Claire Cameron is the author of the best-selling novel The Bear.

Claire Cameron is the author of two previous novels including The Bear, which was a national bestseller and was long-listed for the Baileys Women's Prize for Fiction. Cameron, who lives in Toronto, has also written for The New York Times, Salon and The Millions, where she is a staff writer. Her third novel, The Last Neanderthal, was just published by Doubleday Canada.

Why did you write your new book?

In 2010, a team mapped the first draft of the Neanderthal genome. They learned that many people of European and Asian descent have between 1- and 4-per-cent Neanderthal DNA. Not only were Neanderthals much closer to us than we previously thought, but also we interbred with them. That got me interested: How did Neanderthals and modern humans make contact? I started reading the research for answers, but juicy details were missing. This was for good reason. The artifacts and DNA only tell us so much. A scientist can't speculate too far beyond the available evidence. A novelist, on the other hand, is the right person to take the risk of allowing her imagination to wander.

Which historical period do you wish you'd lived through?

It may sound obvious, but I would want to be alive in the time of the Neanderthals. Specifically, I would camp near a family of Neanderthals to hear if they speak. I wrote a glossary of words for my Neanderthals to help me build an understanding of their world, but living in that time would allow me to test my theories. If they could talk, I would try to sidle up and learn their language. That is the best way to understand how a different culture frames their world view. Also, I'd want to try eating mammoth.

Whose sentences are your favourite?

There is a generation of writers around my age who owe so much to Barbara Gowdy. Among us there's a kind of reverence for her work because she opened a new range of possibilities. The first book I read of hers was We So Seldom Look on Love in 1992. Take a sentence like, "I've seen cadavers shining like stars." It brims with possibility and she conveys an extraordinary point of view, all in six crisp words.

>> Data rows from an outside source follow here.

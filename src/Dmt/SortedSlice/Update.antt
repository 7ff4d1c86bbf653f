-- ===== src/Dmt/SortedSlice/Update.antt =====
-- The slice expressions at a key's rank are an ordered map's insertion and removal.
use datura.Prelude.{
  ℕ, suc, ◌≡◌, refl, true, none, some, List, [], ◌∷◌, arith, if◌then◌else◌, set, All,
}
use datura.Prelude.Bytes.{
  Bytes, bytes_equal, Before, bytes-Compared, below, same, above, bytes_equal→eq,
  bytes_compare_refl,
}
use datura.Dmt.SortedSlice.{key_at, IsSorted, find_key, put_key, remove_key, insert_at, remove_at}
use datura.Dmt.SortedSlice.Laws.{rank, find_key_above, All-above}

module _ {A : Type 0} (key : A → Bytes) where
  -- A copy with `v` written at its key's rank: over the element with that key, or before the next.
  abbrev pub written : List A → ℕ → A → List A
  written xs i v = elim (key_at key xs i (key v)) [ some _ ↦ set xs i v | none ↦ insert_at xs i v ]

  written_step : (x v : A) (xs : List A) (i : ℕ) → written (x ∷ xs) (suc i) v ≡ x ∷ written xs i v
  written_step x v xs i = ground arith

  rank_zero :
      (k : Bytes) (x : A) (xs : List A) → bytes_equal k (key x) ≡ true → rank key k (x ∷ xs) ≡ 0
  unfolding rank
  rank_zero k x xs h = ground (arith, bytes_equal→eq k (key x) h, bytes_compare_refl (key x))

  pub written-rank :
      (v : A) (xs : List A)
      → IsSorted key xs
      → written xs (rank key (key v) xs) v ≡ put_key key v xs
  unfolding rank put_key
  written-rank v [] s = refl
  written-rank v (x ∷ xs) s = elim (bytes-Compared (key x) (key v)) [
    | below e _ ↦ ground (arith, written_step x v xs (rank key (key v) xs), written-rank v xs s.1)
    | same p e ↦ ground arith
    | above e g ↦ ground arith
  ]

  pub find_key-put :
      (k : Bytes) (v : A) (xs : List A)
      → find_key key k (put_key key v xs)
        ≡ (if bytes_equal (key v) k then some v else find_key key k xs)
  unfolding find_key put_key
  find_key-put k v [] = refl
  find_key-put k v (x ∷ xs) = elim (bytes-Compared (key x) (key v)) [
    | below e _ ↦ ground (
      arith,
      find_key-put k v xs,
      bytes_equal→eq (key x) k,
      bytes_equal→eq (key v) k,
      bytes_compare_refl k,
    )
    | same p e ↦ ground arith
    | above e g ↦ ground arith
  ]

  All-put :
      (k : Bytes) (v : A) (xs : List A)
      → Before k (key v)
      → All (λ y. Before k (key y)) xs
      → All (λ y. Before k (key y)) (put_key key v xs)
  unfolding put_key
  All-put k v [] h s = (h, tt)
  All-put k v (x ∷ xs) h s = ground (arith, All-put k v xs h s.1)

  pub put_key-IsSorted : (v : A) (xs : List A) → IsSorted key xs → IsSorted key (put_key key v xs)
  unfolding put_key
  put_key-IsSorted v [] s = (tt, tt)
  put_key-IsSorted v (x ∷ xs) s = elim (bytes-Compared (key x) (key v)) [
    | below e _ ↦ rw (e, put_key) (All-put (key x) v xs e s.0, put_key-IsSorted v xs s.1)
    | same p e ↦ rw (e, put_key) (rw p at s)
    | above e g ↦ rw (e, put_key) ((g, All-above key (key v) (key x) xs g s.0), s)
  ]

  pub remove_at-rank :
      (k : Bytes) (xs : List A) {y : A}
      → IsSorted key xs
      → find_key key k xs ≡ some y
      → remove_at xs (rank key k xs) ≡ remove_key key k xs
  unfolding rank find_key remove_key
  remove_at-rank k [] s h = cc
  remove_at-rank k (x ∷ xs) {y} s h = elim (bytes-Compared (key x) k) [
    | below e _ ↦ ground (arith, remove_at-rank k xs {y = y} s.1)
    | same p e ↦ ground arith
    | above e g ↦ ground (arith, find_key_above key k xs (All-above key k (key x) xs g s.0))
  ]

  pub remove_absent :
      (k : Bytes) (xs : List A) → find_key key k xs ≡ none → remove_key key k xs ≡ xs
  unfolding find_key remove_key
  remove_absent k [] h = refl
  remove_absent k (x ∷ xs) h = ground (arith, remove_absent k xs)

  All-remove :
      (k l : Bytes) (xs : List A)
      → All (λ y. Before l (key y)) xs
      → All (λ y. Before l (key y)) (remove_key key k xs)
  unfolding remove_key
  All-remove k l [] s = tt
  All-remove k l (x ∷ xs) s = ground (arith, All-remove k l xs s.1)

  pub remove_key-IsSorted :
      (k : Bytes) (xs : List A) → IsSorted key xs → IsSorted key (remove_key key k xs)
  unfolding remove_key
  remove_key-IsSorted k [] s = tt
  remove_key-IsSorted k (x ∷ xs) s =
      ground (arith, All-remove k (key x) xs s.0, remove_key-IsSorted k xs s.1)

  pub find_key-remove :
      (k l : Bytes) (xs : List A)
      → IsSorted key xs
      → find_key key l (remove_key key k xs) ≡ (if bytes_equal k l then none else find_key key l xs)
  unfolding find_key remove_key
  find_key-remove k l [] s = ground arith
  find_key-remove k l (x ∷ xs) s = elim (bytes-Compared (key x) k) [
    | below e _ ↦ ground (
      arith,
      find_key-remove k l xs s.1,
      bytes_equal→eq (key x) l,
      bytes_equal→eq k l,
      bytes_compare_refl l,
    )
    | same p e ↦ ground (arith, bytes_equal→eq k l, find_key_above key k xs (rw p at s.0))
    | above e g ↦ ground (
      arith,
      find_key-remove k l xs s.1,
      bytes_equal→eq (key x) l,
      bytes_equal→eq k l,
      bytes_compare_refl l,
    )
  ]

I wrote four drafts of my Neanderthal novel before I nearly gave up. I couldn't find the voice, meaning I couldn't take the leap of empathy required to bring them to life. My mom suggested that I reread The White Bone, Gowdy's novel about the inner life of elephants. It starts with the line: "If they live long enough they forget everything." When I read it, I understood that she captured an entire life outlook in one sentence. It's brilliant. I finished her novel and immediately sat down to write what became the first line of The Last Neanderthal: "They didn't think as much about what was different." I couldn't have done it without Gowdy's prompt.

What's the best death scene in literature?

It's in a novel called Stoner by John Williams. It was written in 1965 and Stoner is the last name of the main character, rather than anyone at the vanguard of legalizing anything. It's the story of an ordinary boy who is born on a farm in Missouri. He becomes a middling academic, gets married, has an affair with a student, does a few other things and then dies. I promise I did not just spoil the plot, the first page tells you this much. Over the next 200-odd pages, Williams slowly builds a picture of a life that feels like everything and nothing at once. The last 50 pages are the closest I've ever come to what it might feel like to die.

Is there a book you consider a guilty pleasure?

I love The Dirt by Mötley Crüe. A different member of the band writes each chapter in turn. As the story progresses, a few start reading each other's chapters and angrily refuting each point of view. I'm not even sure if it's a guilty pleasure, because it is a great use of form to illustrate the thesis of the book, that they are all "completely compelling and utterly revolting." Maybe it's a kind of masterpiece.